For the records below, tally the lines that include the word "where" and report the number alone.
--- START ---
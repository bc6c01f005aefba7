-- ===== src/Config/Checks.antt =====
-- crates/pbox-core/src/config.rs: what is checked of a value, and how booleans and numbers are read.
-- The crate url is the section parameter `u : UrlCrate`.
use pbox.Base.{
  to_ascii_lowercase, ℕ, Bool, true, false, not, ◌&&◌, ◌||◌, none, some, [], ◌∷◌, Text, codes,
  text_eq, is_empty, ◌+◌, ◌==◌, if◌then◌else◌, take, drop, find, trim, Result, ok, err, ◌>>=◌, ◌>>◌,
  guard, fail_if, ok_or, parse_unsigned, u64_max,
}
use pbox.Relay.Route.{UrlCrate, is_some}
use pbox.Vmid.{VmidError}
use pbox.Config.Durations.{DurationError}

-- The texts that an error carries as its reason.
pub data Reason : Type 0 where
  empty_value not_an_origin beyond_origin surrounding_whitespace not_https no_host
        more_than_address :
      Reason
  not_a_policy not_a_bool not_a_port not_positive not_unsigned : Reason
  query_or_fragment external_transport other_transport embedded_credentials : Reason
  bad_duration : DurationError → Reason
  bad_pattern : VmidError → Reason

pub data ConfigError : Type 0 where
  unknown_key : Text → ConfigError
  invalid_value : Text → Reason → ConfigError

abbrev pub Check : Type 0
Check = Result ConfigError (Unit {0})

-- `value.trim().is_empty()`.
unfoldable pub blank : Text → Bool
blank value = is_empty (trim value)

unfoldable pub validate_non_empty : Text → Text → Check
validate_non_empty key value = fail_if (blank value) (invalid_value key empty_value)

unfoldable pub validate_positive : Text → ℕ → Check
validate_positive key value = fail_if (value == 0) (invalid_value key not_positive)

unfoldable pub is_policy : Text → Bool
is_policy value =
    text_eq value (codes "auto") || text_eq value (codes "always") || text_eq value (codes "never")

unfoldable pub validate_snapshot_policy : Text → Text → Check
validate_snapshot_policy key value = guard (is_policy value) (invalid_value key not_a_policy)

unfoldable pub parse_bool : Text → Text → Result ConfigError Bool
parse_bool key value =
    if text_eq value (codes "true")
    then ok true
    else if text_eq value (codes "false")
    then ok false
    else err (invalid_value key not_a_bool)

unfoldable pub parse_port : Text → Text → Result ConfigError ℕ
parse_port key value = do
  port ← ok_or (parse_unsigned 65535 value) (invalid_value key not_a_port)
  fail_if (port == 0) (invalid_value key not_a_port)
  ok port

unfoldable pub parse_u64 : Text → Text → Result ConfigError ℕ
parse_u64 key value = ok_or (parse_unsigned u64_max value) (invalid_value key not_unsigned)

unfoldable pub parse_positive : Text → Text → Result ConfigError ℕ
unfolding parse_u64 validate_positive
parse_positive key value = do parsed ← parse_u64 key value; validate_positive key parsed; ok parsed

unfoldable pub contains : Text → Text → Bool
contains needle value = is_some (find needle value)

-- The first of the parts between slashes and backslashes.
unfoldable pub authority_of : Text → Text
authority_of [] = []
authority_of (ch ∷ t) =
    let rest = authority_of t in if ch == b'/' || ch == 92 then [] else ch ∷ rest

unfoldable pub is_transport : Text → Bool
is_transport scheme =
    text_eq scheme (codes "https") || text_eq scheme (codes "ssh") || text_eq scheme (codes "file")

unfoldable pub check_url : Text → Text → Text → Check
check_url key scheme authority = do
  guard (is_transport scheme) (invalid_value key other_transport)
  fail_if (contains (codes "@") authority) (invalid_value key embedded_credentials)
  fail_if (not (text_eq scheme (codes "file")) && is_empty authority) (invalid_value key no_host)
  ok tt

unfoldable pub validate_repository_reference : Text → Text → Check
validate_repository_reference key value = do
  validate_non_empty key value
  fail_if (contains (codes "?") value || contains (codes "#") value)
      (invalid_value key query_or_fragment)
  fail_if (contains (codes "::") value) (invalid_value key external_transport)
  elim (find (codes "://") value) [
    | none ↦ ok tt
    | some at ↦
        check_url key (to_ascii_lowercase (take at value)) (authority_of (drop (at + 3) value))
  ]

module _ (u : UrlCrate) where
  unfoldable pub is_relay_scheme : Text → Bool
  is_relay_scheme scheme =
      text_eq scheme (codes "http")
      || text_eq scheme (codes "https")
      || text_eq scheme (codes "ws")
      || text_eq scheme (codes "wss")

  -- Whether a URL has a credential, a query or a fragment.
  unfoldable pub has_more : u.Url → Bool
  has_more url =
      not (is_empty (u.username url))
      || is_some (u.password url)
      || is_some (u.query url)
      || is_some (u.fragment url)

  unfoldable pub is_relay_origin : u.Url → Bool
  is_relay_origin url =
      is_relay_scheme (u.scheme url)
      && is_some (u.host_str url)
      && not (has_more url)
      && (is_empty (u.path url) || text_eq (u.path url) (codes "/"))

  unfoldable pub validate_relay_url : Text → Text → Check
  validate_relay_url key value = do
    url ← ok_or (u.parse value) (invalid_value key not_an_origin)
    guard (is_relay_origin url) (invalid_value key beyond_origin)
    ok tt

  unfoldable pub validate_pve_url : Text → Text → Check
  validate_pve_url key value = do
    guard (text_eq value (trim value)) (invalid_value key surrounding_whitespace)
    parsed ← ok_or (u.parse (trim value)) (invalid_value key not_https)
    guard (text_eq (u.scheme parsed) (codes "https") && is_some (u.host_str parsed))
        (invalid_value key no_host)
    fail_if (has_more parsed) (invalid_value key more_than_address)
    ok tt
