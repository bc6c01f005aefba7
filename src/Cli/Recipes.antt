-- ===== src/Cli/Recipes.antt =====
-- crates/pbox-cli/src/recipes.rs: the checks of a recipe repository and its paths. A relative path is
-- the list of its components; reading the repository and running Git are left out.
pub mod Sources
mod Tests
use pbox.Base.{
  ℕ, ◌+◌, ◌≡◌, Bool, true, false, not, ◌&&◌, ◌||◌, ◌==◌, ltb, leb, if◌then◌else◌, Option, none,
  some, List, [], ◌∷◌, ◌++◌, Text, codes, text_eq, starts_with, strip_prefix, strip_suffix,
  ends_with, find, trim, is_empty, is_alphanumeric, is_whitespace, is_control, to_ascii_lowercase,
  all, any, take, drop, length, split, rsplit_once, join, Result, ok, err, ◌>>=◌, ◌>>◌, fail_if,
}
use pbox.Config.Checks.{contains, authority_of, is_transport}

pub data RecipeError : Type 0 where
  unnamed_playbook outside_repository empty_path too_many_capabilities : RecipeError
  bad_capability : Text → RecipeError
  query_or_fragment external_transport other_transport embedded_credentials no_host : RecipeError
  bad_reference : RecipeError

abbrev pub path_string : List Text → Text
path_string = join (b'/' ∷ [])

-- The first of the two suffixes that fits is taken off, once.
unfoldable pub without_suffix : Text → Text
without_suffix value = elim (strip_suffix (codes ".yaml") value) [
  | some stripped ↦ stripped
  | none ↦ elim (strip_suffix (codes ".yml") value) [ some stripped ↦ stripped | none ↦ value ]
]

abbrev below_playbooks : List Text → List Text
below_playbooks [] = []
below_playbooks (first ∷ components) =
    if text_eq first (codes "playbooks") then components else first ∷ components

unfoldable pub playbook_id : List Text → Result RecipeError Text
playbook_id relative =
    let value = without_suffix (path_string (below_playbooks relative)) in
    do fail_if (is_empty value) unnamed_playbook; ok value

abbrev last_component : List Text → Option Text
last_component [] = none
last_component (name ∷ []) = some name
last_component (name ∷ next ∷ components) = last_component (next ∷ components)

abbrev one_of : List Text → Option Text → Bool
one_of names none = false
one_of names (some name) = any (λ other. text_eq name other) names

-- What follows the last dot of a name, where something stands before the dot.
abbrev extension : Option Text → Option Text
extension none = none
extension (some name) = elim (rsplit_once b'.' name) [
  | none ↦ none
  | some (stem, suffix) ↦ if is_empty stem then none else some suffix
]

unfoldable pub is_yaml_file : List Text → Bool
is_yaml_file path = one_of (codes "yml" ∷ codes "yaml" ∷ []) (extension (last_component path))

unfoldable pub is_metadata_file : List Text → Bool
is_metadata_file path = one_of (codes "pbox.yml" ∷ codes "pbox.yaml" ∷ []) (last_component path)

unfoldable pub is_ansible_support_file : List Text → Bool
is_ansible_support_file relative =
    one_of (codes "requirements.yml" ∷ codes "requirements.yaml" ∷ codes "galaxy.yml" ∷ [])
      (last_component relative)

-- The components of a path that the checks look at: no empty ones, and none that is a dot.
unfoldable pub normalise_relative_path : Text → Result RecipeError (List Text)
normalise_relative_path value = do
  fail_if
      (starts_with (codes "/") value
        || any (λ component. text_eq component (codes "..")) (split b'/' value))
      outside_repository
  fail_if (is_empty (trim value)) empty_path
  ok (components (split b'/' value))
  where
    components : List Text → List Text
    components [] = []
    components (part ∷ parts) =
        let rest = components parts in
        if is_empty part || text_eq part (codes ".") then rest else part ∷ rest

unfoldable pub is_capability : Text → Bool
is_capability capability =
    not (is_empty capability)
    && (leb (length capability) 64
        && all
            (λ byte.
              is_alphanumeric byte
              || (byte == b'-' || (byte == b'_' || (byte == b'.' || byte == b'/'))))
            capability)

unfoldable pub check_capabilities : List Text → Result RecipeError (Unit {0})
check_capabilities [] = ok tt
check_capabilities (capability ∷ capabilities) = do
  fail_if (not (is_capability capability)) (bad_capability capability)
  check_capabilities capabilities

unfoldable pub validate_recipe_capabilities : List Text → Result RecipeError (Unit {0})
validate_recipe_capabilities capabilities = do
  fail_if (ltb 32 (length capabilities)) too_many_capabilities
  check_capabilities capabilities

abbrev is_flagged : Text → Bool
is_flagged [] = false
is_flagged (flag ∷ line) = flag == b'h' || flag == b'S'

unfoldable pub has_unsafe_git_index_flags : Text → Bool
has_unsafe_git_index_flags output = any is_flagged (split 10 output)

unfoldable pub check_authority : Text → Text → Result RecipeError (Unit {0})
check_authority scheme authority = do
  fail_if (not (is_transport scheme)) other_transport
  fail_if (contains (codes "@") authority) embedded_credentials
  fail_if (not (text_eq scheme (codes "file")) && is_empty authority) no_host

abbrev pub check_scheme : Text → Option ℕ → Result RecipeError (Unit {0})
check_scheme repository none = ok tt
check_scheme repository (some at) =
    check_authority (to_ascii_lowercase (take at repository))
      (authority_of (drop (at + 3) repository))

unfoldable pub validate_repository_reference : Text → Result RecipeError (Unit {0})
validate_repository_reference repository = do
  fail_if (contains (codes "?") repository || contains (codes "#") repository) query_or_fragment
  fail_if (contains (codes "::") repository) external_transport
  check_scheme repository (find (codes "://") repository)

abbrev is_special : ℕ → Bool
is_special c =
    c == b'~' || (c == b'^' || (c == b':' || (c == b'?' || (c == b'*' || (c == b'[' || c == 92)))))

unfoldable pub is_bad_reference : Text → Bool
is_bad_reference reference =
    is_empty reference
    || (starts_with (codes "-") reference
        || (contains (codes "..") reference
            || (contains (codes "@{") reference
                || (ends_with b'/' reference
                    || (ends_with b'.' reference
                        || (any (λ c. is_control c || is_whitespace c) reference
                            || any is_special reference))))))

unfoldable pub validate_recipe_reference : Text → Result RecipeError (Unit {0})
validate_recipe_reference reference = fail_if (is_bad_reference reference) bad_reference

abbrev pub count : ℕ → Text → ℕ
count c [] = 0
count c (d ∷ t) = let rest = count c t in if d == c then rest + 1 else rest

-- An owner and a name of a repository on GitHub.
unfoldable pub is_short : Text → Bool
is_short trimmed =
    count b'/' trimmed == 1
    && (not (contains (codes "://") trimmed)
        && (not (starts_with (codes "git@") trimmed)
            && (not (starts_with (codes ".") trimmed) && not (starts_with (codes "/") trimmed))))

abbrev has_git_suffix : Text → Bool
has_git_suffix trimmed = elim (strip_suffix (codes ".git") trimmed) [
  | none ↦ false
  | some stem ↦ true
]

abbrev pub github : Text
github = codes "https://github.com/"

unfoldable pub expanded : Text → Text
expanded trimmed =
    if has_git_suffix trimmed then github ++ trimmed else github ++ (trimmed ++ codes ".git")

unfoldable pub normalise_repository : Text → Text
normalise_repository repository =
    if is_short (trim repository) then expanded (trim repository) else trim repository

-- The repository and the reference in it, without the directory of its cache.
pub record RecipeRepository : Type 0 where
  pub repository : Text
  pub reference : Text

abbrev default_repository : Text
default_repository = codes "https://github.com/kierandrewett/pbox-recipes.git"

abbrev given_or_default : Option Text → Text
given_or_default none = default_repository
given_or_default (some repository) = repository

abbrev reference_or_main : Text → Text
reference_or_main reference = if is_empty reference then codes "main" else reference

unfoldable pub new_repository : Option Text → Text → Result RecipeError RecipeRepository
new_repository repository reference =
    let repository = trim (given_or_default repository) in
    let reference = reference_or_main (trim reference) in
    do
      fail_if (is_empty repository) empty_path
      validate_repository_reference repository
      validate_recipe_reference reference
      ok (record { repository = normalise_repository repository; reference = reference })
--- END ---
> Output for this task
7